View attachment 6156


----------



## Elivo (Aug 9, 2018)

im just happy i can finally get my ass up and down by itself doing dips let alone adding weight. but i do agree, get a belt, the chains around the neck look dbag as hell.


----------



## PillarofBalance (Aug 9, 2018)

Zeigler said:


> Thats rude x
> 
> View attachment 6156



OMG you like making fun of blaha too? I have a secret passion for blaha memes. You keep this up and I swear to God I will make you a Vet.


----------



## John Ziegler (Aug 9, 2018)

Blahautism

View attachment 6158


----------



## BRICKS (Aug 9, 2018)

jbeard82 said:


> They don’t typically carry the bulky oversized chains.



I was being sarcastic.  Please see post by Ecksrated


----------



## Seeker (Aug 9, 2018)

Lol no lie, I once  saw a group of dudes using chains while doing incline bench. Chains never touched the floor. Lol I just shook my head.  Weighted dips is a great exercise, but yeah use a belt that hooks to plates.  I've even done them with a dumbbell between my ankles.


----------



## stonetag (Aug 9, 2018)

1.Get a cutting torch and hang around a shipping port.
2.Get busted, spend jail time.
3.Get out of jail, buy weight belt.


----------



## Gadawg (Aug 9, 2018)

My favorite sighting in the gym other than tits and ass is the d-bags wearing those oxygen deprivation masks. They look like ww2 pilots and the science behind them is completely bunk. I guess they think they look hard core but they really just look like retards


----------



## Jin (Aug 9, 2018)

Gadawg said:


> My favorite sighting in the gym other than tits and ass is the d-bags wearing those oxygen deprivation masks. They look like ww2 pilots and the science behind them is completely bunk. I guess they think they look hard core but they really just look like retards



Unnecessary. If they want less oxygen to utilize They should just smoke like everybody else.


----------



## Robdjents (Aug 9, 2018)

I only use chains when im filming a montage


----------



## Trump (Aug 9, 2018)

I have to admit I use chains for dips at work but that’s only because it’s all I got. I built the gym myself, squat/bench rack and pull up/ dipping bars. Have an Olympic bar and a total of 120kg weight and a bench only things that we bought. So yes when I dip I have 2 chains I don’t even know the weight of them I use them for dips and also add them onto my bench and squats for extra weight


----------



## Thatgoodfellow (Aug 10, 2018)

Definitely buy a chain belt. Totally worth it because you can also use for weighted pull ups. Just be careful and use a slow and controlled motion if you go heavy of dips because it can be rough on your shoulders


----------



## Jin (Aug 10, 2018)

Thatgoodfellow said:


> Definitely buy a chain belt. Totally worth it because you can also use for weighted pull ups. Just be careful and use a slow and controlled motion if you go heavy of dips because it can be rough on your shoulders



I have torn a pec doing weighted dips with a weight I could rep 10 times. 
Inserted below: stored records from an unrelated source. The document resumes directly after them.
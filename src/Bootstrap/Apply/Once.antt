-- ===== src/Bootstrap/Apply/Once.antt =====
-- The mode apply-once of internal/bootstrap/bootstrap.go.
use smtp_auth_proxy.Prelude.{
  ℕ, option_cases, ◌+◌, ◌≡◌, refl, sym, subst, inl, inr, false, Option, none, some, List, ◌∷◌, ◌++◌,
  Option-cases, [],
}
use smtp_auth_proxy.Strings.{Str, to_lower}
use smtp_auth_proxy.Store.Rows.{find, delete_where}
use smtp_auth_proxy.Store.Users.{Result, ok, err}
use smtp_auth_proxy.Store.Directory.{Directory}
use smtp_auth_proxy.Store.Directory.Credentials.{
  create_credential, get_credential_by_name, credential_name_of,
}
use smtp_auth_proxy.Store.Directory.Mailboxes.{create_mailbox, get_by_address, address_of}
use smtp_auth_proxy.Store.Directory.Accounts.{
  get_account_by_username, account_name_of, set_mailboxes, links_to, senders_to, distinct, link_of,
  sender_of,
}
use smtp_auth_proxy.Store.Directory.Outcomes.{set_mailboxes_elim, set_allowed_senders_elim}
use smtp_auth_proxy.Crypto.Keyring.{Ciphers, Keyring}
use smtp_auth_proxy.Admin.Users.Administered.{result_cases}
use smtp_auth_proxy.Bootstrap.{File, Credential, Mailbox, Account}
use smtp_auth_proxy.Bootstrap.Apply.Progress.{
  Run, BootstrapError, apply_each, fresh_run, id_of, missing_credential, missing_mailbox,
}
use smtp_auth_proxy.Bootstrap.Apply.Credentials.{
  seal_into, declared_credential, create_declared, apply_credential,
}
use smtp_auth_proxy.Bootstrap.Apply.Mailboxes.{
  credential_of, declare_mailbox, place_mailbox, apply_mailbox, blank_mailbox,
}
use smtp_auth_proxy.Bootstrap.Apply.Accounts.{
  mailbox_of, mailboxes_of, link_account, linked, place_account, apply_account, count_created,
}
use smtp_auth_proxy.Bootstrap.Apply.{apply_file}
use smtp_auth_proxy.Bootstrap.Apply.Extension.{
  Extends, sum_cases, Kept, finish-Kept, Noted, After, add_credential, add_mailbox, add_account,
  relink,
}

module _ (ciphers : Ciphers) (keyring : Option (Keyring ciphers)) (draw_id : ℕ → Str)
    (draw_nonces : ℕ → Option Str × Option Str) (sender_id : Str → Str → Str) (now : ℕ)
    (d : Directory) where
  create_declared-Kept :
      (r : Run) (c : Credential)
      → Extends d r.directory
      → (Kept d) (create_declared ciphers keyring false draw_id draw_nonces now r c)
  unfolding create_declared
  create_declared-Kept r c x =
      sum_cases (Kept d)
        (seal_into ciphers keyring false draw_id draw_nonces now r
          (declared_credential ciphers keyring false draw_id draw_nonces now c (draw_id r.drawn)) c)
        (λ _. x)
        (λ row.
          (let added = add_credential now d r.directory x row row.id in
            finish-Kept d (create_credential r.directory row row.id now).1
              (record r {
                directory = (create_credential r.directory row row.id now).0;
                credential_ids = (c.name, row.id) ∷ r.credential_ids;
                created = r.created + 1;
                drawn = r.drawn + 1;
              })
              (record r { directory = (create_credential r.directory row row.id now).0 }) added
              added))

  apply_credential-Kept :
      (r : Run) (c : Credential)
      → Extends d r.directory
      → (Kept d) (apply_credential ciphers keyring false draw_id draw_nonces now r c)
  unfolding apply_credential get_credential_by_name
  apply_credential-Kept r c x =
      elim (Option-cases (find credential_name_of c.name r.directory.credentials)) [
        | inl e ↦ rw (apply_credential, get_credential_by_name, e) (create_declared-Kept r c x)
        | inr (stored, e) ↦ rw (apply_credential, get_credential_by_name, e) x
      ]

  place_mailbox-Kept :
      (r : Run) (m : Mailbox) (id : Str)
      → Extends d r.directory
      → (Kept d) (place_mailbox false draw_id now r m id)
  unfolding place_mailbox get_by_address
  place_mailbox-Kept r m id x =
      elim (Option-cases (find address_of (to_lower m.address) r.directory.mailboxes)) [
        | inl e ↦
            (let new_id = draw_id r.drawn in
              (let row =
                  declare_mailbox false draw_id now (blank_mailbox new_id (to_lower m.address)) m
                    id in
                (let added = add_mailbox now d r.directory x row new_id in
                  rw (place_mailbox, get_by_address, e)
                    (finish-Kept d (create_mailbox r.directory row new_id now).1 _ _ added added))))
        | inr (stored, e) ↦ rw (place_mailbox, get_by_address, e) x
      ]

  credential_of-Noted :
      (r : Run) (m : Mailbox) → Extends d r.directory → (Noted d) (credential_of r m)
  unfolding credential_of get_credential_by_name
  credential_of-Noted r m x =
      option_cases (Noted d) (id_of r.credential_ids m.credential)
        (λ _. elim (Option-cases (find credential_name_of m.credential r.directory.credentials)) [
          | inl e ↦ rw (get_credential_by_name, e) tt
          | inr (stored, e) ↦ rw (get_credential_by_name, e) x
        ])
        (λ _ _. x)

  apply_mailbox-Kept :
      (r : Run) (m : Mailbox)
      → Extends d r.directory
      → (Kept d) (apply_mailbox false draw_id now r m)
  unfolding apply_mailbox
  apply_mailbox-Kept r m x = by_credential (credential_of r m) (credential_of-Noted r m x)
    where
      by_credential :
          (o : Option (Run × Str))
          → (Noted d) o
          → (Kept d) (elim o [
            | none ↦ (r, some missing_credential)
            | some (noted, id) ↦ place_mailbox false draw_id now noted m id
          ])
      by_credential none n = x
      by_credential (some (noted, id)) n = place_mailbox-Kept noted m id n

  link_account-Extends :
      (e : Directory) (id : Str) (ids senders : List Str)
      → Extends d e
      → Extends d (link_account false draw_id sender_id now e id ids senders).0
  unfolding link_account
  link_account-Extends e id ids senders x =
      (let first = set_mailboxes_elim (Extends d) e x id ids (
          relink now d e x (links_to id (distinct ids []) ++ delete_where (link_of id) e.links)
            e.senders) in
        (let dir = (set_mailboxes e id ids).0 in
          result_cases (After d) (set_mailboxes e id ids).1 (λ _ _. first)
            (λ _ _. set_allowed_senders_elim (Extends d) dir first id senders (sender_id id) now (
              relink now d dir first dir.links (
                senders_to id (distinct senders []) (sender_id id) now
                ++ delete_where (sender_of id) dir.senders)))))

  linked-Kept :
      (r : Run) (w : Directory × Result (Unit {0})) (id : Str) (ids : List Str) (a : Account)
      (count : Run → Run)
      → ((s : Run) → (count s).directory ≡ s.directory)
      → Extends d w.0
      → (Kept d) (linked false draw_id sender_id now r w id ids a count)
  unfolding linked
  linked-Kept r (written, err e) id ids a count same x = x
  linked-Kept r (written, ok _) id ids a count same x =
      (let later = link_account-Extends written id ids a.allowed_senders x in
        (let run : Run = record r {
          directory = (link_account false draw_id sender_id now written id ids a.allowed_senders).0;
        } in
          finish-Kept d
            (link_account false draw_id sender_id now written id ids a.allowed_senders).1
            (count run) run (subst (Extends d) (sym (same run)) later) later))

  place_account-Kept :
      (r : Run) (a : Account) (ids : List Str)
      → Extends d r.directory
      → (Kept d) (place_account false draw_id sender_id now r a ids)
  unfolding place_account get_account_by_username
  place_account-Kept r a ids x =
      elim (Option-cases (find account_name_of a.username r.directory.accounts)) [
        | inl e ↦
            rw (place_account, get_account_by_username, e)
              (linked-Kept r _ _ ids a (count_created) (λ _. refl)
                (add_account now d r.directory x _ _))
        | inr (stored, e) ↦ rw (place_account, get_account_by_username, e) x
      ]

  mailbox_of-Noted :
      (r : Run) (address : Str) → Extends d r.directory → (Noted d) (mailbox_of r address)
  unfolding mailbox_of get_by_address
  mailbox_of-Noted r address x =
      option_cases (Noted d) (id_of r.mailbox_ids (to_lower address))
        (λ _. elim (Option-cases (find address_of (to_lower address) r.directory.mailboxes)) [
          | inl e ↦ rw (get_by_address, e) tt
          | inr (stored, e) ↦ rw (get_by_address, e) x
        ])
        (λ _ _. x)

  mailboxes_of-Noted :
      (r : Run) (addresses : List Str)
      → Extends d r.directory
      → (Noted d) (mailboxes_of r addresses)
  unfolding mailboxes_of
  mailboxes_of-Noted r [] x = x
  mailboxes_of-Noted r (address ∷ rest) x =
      by_head (mailbox_of r address) (mailbox_of-Noted r address x)
        (λ noted n. mailboxes_of-Noted noted rest n)
    where
      by_rest :
          (id : Str) (o : Option (Run × List Str))
          → (Noted d) o
          → (Noted d) (elim o as (λ _. Option (Run × List Str)) [
            | none ↦ none
            | some (later, ids) ↦ some (later, id ∷ ids)
          ])
      by_rest id none n = tt
      by_rest id (some (later, ids)) n = n

      by_head :
          (o : Option (Run × Str))
          → (Noted d) o
          → ((noted : Run) → Extends d noted.directory → (Noted d) (mailboxes_of noted rest))
          → (Noted d) (elim o as (λ _. Option (Run × List Str)) [
            | none ↦ none
            | some (noted, id) ↦ elim (mailboxes_of noted rest) [
              | none ↦ none
              | some (later, ids) ↦ some (later, id ∷ ids)
            ]
          ])
      by_head none n later = tt
      by_head (some (noted, id)) n later = by_rest id (mailboxes_of noted rest) (later noted n)

  apply_account-Kept :
      (r : Run) (a : Account)
      → Extends d r.directory
      → (Kept d) (apply_account false draw_id sender_id now r a)
  unfolding apply_account
  apply_account-Kept r a x =
      by_mailboxes (mailboxes_of r a.mailboxes) (mailboxes_of-Noted r a.mailboxes x)
    where
      by_mailboxes :
          (o : Option (Run × List Str))
          → (Noted d) o
          → (Kept d) (elim o [
            | none ↦ (r, some missing_mailbox)
            | some (noted, ids) ↦ place_account false draw_id sender_id now noted a ids
          ])
      by_mailboxes none n = x
      by_mailboxes (some (noted, ids)) n = place_account-Kept noted a ids n

  apply_each-Kept {ℓ} :
      {A : Type ℓ} (step : Run → A → Run × Option BootstrapError)
      → ((r : Run) (y : A) → Extends d r.directory → (Kept d) (step r y))
      → (r : Run) (ys : List A) → Extends d r.directory
      → (Kept d) (apply_each step r ys)
  unfolding apply_each
  apply_each-Kept step keeps r [] x = x
  apply_each-Kept step keeps r (y ∷ ys) x =
      option_cases (Kept d) (step r y).1
        (λ _. apply_each-Kept step keeps (step r y).0 ys (keeps r y x)) (λ _ _. keeps r y x)

  -- In the mode apply-once, whatever the bootstrap file and the keys, the tables of credentials,
  -- mailboxes and accounts are afterwards those from before behind new rows: no row is changed or
  -- goes, also where an error ends the run.
  pub apply_file-Extends :
      (f : File)
      → Extends d
          (apply_file ciphers keyring false draw_id draw_nonces sender_id now d f).0.directory
  unfolding apply_file
  apply_file-Extends f =
      (let first =
          apply_each-Kept (apply_credential ciphers keyring false draw_id draw_nonces now)
            apply_credential-Kept (fresh_run d) f.credentials none_added in
        (let r1 =
            apply_each (apply_credential ciphers keyring false draw_id draw_nonces now)
              (fresh_run d) f.credentials in
          option_cases (Kept d) r1.1
            (λ _.
              (let second =
                  apply_each-Kept (apply_mailbox false draw_id now) apply_mailbox-Kept r1.0
                    f.mailboxes first in
                (let r2 = apply_each (apply_mailbox false draw_id now) r1.0 f.mailboxes in
                  option_cases (Kept d) r2.1
                    (λ _.
                      apply_each-Kept (apply_account false draw_id sender_id now) apply_account-Kept
                        r2.0 f.accounts second)
                    (λ _ _. second))))
            (λ _ _. first)))
    where
      none_added : Extends d d
      none_added = record {
        new_credentials = [];
        new_mailboxes = [];
        new_accounts = [];
        credentials = refl;
        mailboxes = refl;
        accounts = refl;
      }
Slow and controlled indeed; the way to go.


----------



## PillarofBalance (Aug 10, 2018)

robdjents said:


> i only use chains when im filming a montage



lolololololololololol


----------



## HollyWoodCole (Aug 11, 2018)

I had to look up the Blaha character, thanks lol


----------



## Snowskylo (Sep 14, 2018)

jbeard82 said:


> Used them for the first time the other day. I liked it a lot.  I have no idea how much the weighed though.  So I guess my next question is where can I buy some?



A cost-effective version would be a hardware store.  They will also tell you the total weight of the chain.


----------



## DevilDoc87 (Sep 14, 2018)

Lowe’s/home depo.. good cheap logging chains


----------